Laporan baru mengatakan 5,41 juta orang mengalami ‘tingkat keamanan pangan akut yang tinggi’, dengan perang geng dan inflasi sebagai penyebab utama krisis.
Hampir 48 persen orang di Haiti mengalami kekurangan pangan akut di tengah kekerasan geng bersenjata yang terus berlangsung, laporan baru mengatakan.
Klasifikasi Fase Keamanan Pangan Terintegrasi (IPC) mengatakan dalam laporan yang dirilis pada hari Senin bahwa 5,41 juta orang di negara kepulauan Karibia yang tertekan menghadapi “tingkat keamanan pangan akut yang tinggi” antara Agustus 2024 dan Februari 2025.
Dari total keseluruhan, 6.000 orang “mengalami tingkat kelaparan yang kritikal”, peringatan pengawas kelaparan dunia.
“Haiti terus menghadapi krisis kemanusiaan yang memburuk, dengan tingkat kekerasan geng bersenjata yang mengkhawatirkan mengganggu kehidupan sehari-hari, memaksa lebih banyak orang untuk melarikan diri dari rumah mereka dan tingkat keamanan pangan akut meningkat,” demikian bunyi laporan itu.
Haiti sudah berguncang dari tahun-tahun kerusuhan ketika kelompok bersenjata kuat – sering kali memiliki kaitan dengan pemimpin politik dan bisnis negara itu – melancarkan serangan terhadap penjara dan lembaga negara lain di ibu kota, Port-au-Prince, pada bulan Februari.
Meskipun upaya internasional untuk menenangkan situasi, dan penunjukan pemerintahan baru, kekuasaan hukum tetap langka dan kekerasan tetap berlangsung.
Sedikitnya 3.661 orang tewas di Haiti dalam enam bulan pertama tahun ini di tengah kekerasan geng “tidak masuk akal” yang melanda negara itu, kata PBB pada hari Senin.
Kekerasan di Port-au-Prince dan daerah sekitarnya menimbulkan “kesulitan serius dalam menyuplai barang-barang makanan pokok ke wilayah tersebut, membatasi akses fisik dan keuangan rumah tangga ke makanan,” peringatan IPC.
Kesulitan tersebut telah menyebabkan inflasi tinggi, yang diidentifikasi sebagai faktor kontribusi lainnya.

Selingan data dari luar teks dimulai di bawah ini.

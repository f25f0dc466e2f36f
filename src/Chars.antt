-- ===== src/Chars.antt =====
-- The character classes and the UTF-8 writer at the top of src/parser_core.cpp. A `char32_t` is a
-- number; a `char` is a byte, 0 to 255, and `static_cast<char>` is the remainder by 256.
pub mod Utf8
use xmlparser.Prelude.{
  ℕ, ◌+◌, ◌-◌, ◌/◌, ◌%◌, ◌^◌, ◌≤◌, ◌<◌, bit_and, bit_or, Bool, ◌&&◌, ◌||◌, not, List, [], ◌∷◌, ◌++◌,
  leb, ◌==◌, within, if◌then◌else◌, Bytes, ◌⊎◌,
}
use xmlparser.Options.{XmlVersion, xml10, xml11}

unfoldable pub is_space : ℕ → Bool
is_space value = value == b' ' || value == b'\t' || value == b'\n' || value == b'\r'

unfoldable pub is_name_start : ℕ → Bool
is_name_start value =
    within b'A' b'Z' value || within b'a' b'z' value || value == b'_' || value == b':'

unfoldable pub is_name_char : ℕ → Bool
unfolding is_name_start
is_name_char value = is_name_start value || within b'0' b'9' value || value == b'-' || value == b'.'

unfoldable pub is_valid_xml10_char : ℕ → Bool
is_valid_xml10_char value =
    value == b'\t'
    || value == b'\n'
    || value == b'\r'
    || within 0x20 0xD7FF value
    || within 0xE000 0xFFFD value
    || within 0x10000 0x10FFFF value

unfoldable pub is_valid_xml11_char : ℕ → Bool
is_valid_xml11_char value =
    within 0x1 0xD7FF value || within 0xE000 0xFFFD value || within 0x10000 0x10FFFF value

unfoldable pub is_valid_xml_char : ℕ → XmlVersion → Bool
unfolding is_valid_xml10_char is_valid_xml11_char
is_valid_xml_char value xml11 = is_valid_xml11_char value
is_valid_xml_char value xml10 = is_valid_xml10_char value

unfoldable pub to_ascii : List ℕ → Bytes
to_ascii [] = []
to_ascii (value ∷ text) = (if leb value 0x7F then value else b'?') ∷ to_ascii text

unfoldable pub lowercase_ascii : Bytes → Bytes
lowercase_ascii [] = []
lowercase_ascii (ch ∷ text) =
    (if within b'A' b'Z' ch then ch - b'A' + b'a' else ch) ∷ lowercase_ascii text

-- The space test that the byte loops write out.
abbrev pub is_space_byte : ℕ → Bool
is_space_byte ch = ch == b' ' || ch == b'\t' || ch == b'\n' || ch == b'\r'

unfoldable pub strip_ascii_space : Bytes → Bytes
strip_ascii_space [] = []
strip_ascii_space (ch ∷ text) =
    let rest = strip_ascii_space text in if is_space_byte ch then rest else ch ∷ rest

-- `if (!current.empty()) names.push_back(current);`
abbrev pub push_name : List Bytes → Bytes → List Bytes
push_name names [] = names
push_name names (c ∷ current) = names ++ (c ∷ current) ∷ []

-- The loop of `split_names`, with `names` and `current` so far.
unfoldable pub split_names_loop : List Bytes → Bytes → Bytes → List Bytes
split_names_loop names current [] = push_name names current
split_names_loop names current (ch ∷ text) =
    let pushed = split_names_loop (push_name names current) [] text in
    let skipped = split_names_loop names current text in
    let grown = split_names_loop names (current ++ ch ∷ []) text in
    if ch == b',' then pushed else if ch == b'?' || ch == b'*' || ch == b'+' then skipped else grown

unfoldable pub split_names : Bytes → List Bytes
unfolding split_names_loop
split_names text = split_names_loop [] [] text

-- What `append_utf8` pushes for one character.
unfoldable pub utf8_bytes : ℕ → Bytes
utf8_bytes value =
    if leb value 0x7F
    then value ∷ []
    else if leb value 0x7FF
    then bit_or 0xC0 (value / 2 ^ 6) % 256 ∷ bit_or 0x80 (bit_and value 0x3F) % 256 ∷ []
    else if leb value 0xFFFF
    then bit_or 0xE0 (value / 2 ^ 12) % 256
      ∷ bit_or 0x80 (bit_and (value / 2 ^ 6) 0x3F) % 256
      ∷ bit_or 0x80 (bit_and value 0x3F) % 256
      ∷ []
    else bit_or 0xF0 (value / 2 ^ 18) % 256
      ∷ bit_or 0x80 (bit_and (value / 2 ^ 12) 0x3F) % 256
      ∷ bit_or 0x80 (bit_and (value / 2 ^ 6) 0x3F) % 256
      ∷ bit_or 0x80 (bit_and value 0x3F) % 256
      ∷ []

unfoldable pub append_utf8 : Bytes → ℕ → Bytes
unfolding utf8_bytes
append_utf8 output value = output ++ utf8_bytes value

Makanan kini menghabiskan hingga 70 persen dari pengeluaran rumah tangga, demikian laporan itu.
Orang yang tergusur oleh kekerasan perang geng tinggal di dalam ruang kelas di sekolah Darius Denis di Port-au-Prince, Haiti [Ricardo Arduengo/Reuters]
Efek residual dari “guncangan iklim” seperti Badai Matthew pada tahun 2016 dan gempa bumi tahun 2021 juga memperburuk krisis kelaparan, kata IPC tersebut.
Tantangan keamanan yang terus berlanjut
Geng sekarang mengendalikan sekitar 80 persen Port-au-Prince, beserta jalan-jalan utama yang menuju ke Haiti bagian utara dan selatan, dengan sangat mengganggu pengiriman barang dan bantuan kemanusiaan.
Sedikitnya 1.379 orang dilaporkan tewas atau terluka antara April dan Juni. Selama beberapa tahun terakhir, aktivitas geng telah membuat lebih dari 700.000 orang menjadi pengungsi.
Misi yang didukung PBB yang dipimpin oleh Kenya, yang dimulai pada akhir Juni, berhasil membebaskan beberapa komunitas dari kendali geng.
Namun, pejabat memperingatkan bahwa tantangan signifikan masih ada.
“Situasi tidak diharapkan membaik selama periode proyeksi (Maret hingga Juni 2025) karena bantuan makanan kemanusiaan tidak diharapkan dapat memenuhi kebutuhan populasi,” begitulah IPC menyimpulkan. “Setelah stabilitas relatif pada kuartal kedua 2024, kekerasan meningkat tajam pada kuartal ketiga. Kecenderungan ini kemungkinan akan terus berlanjut, mempengaruhi rantai pasokan dan meningkatkan pengungsi populasi.”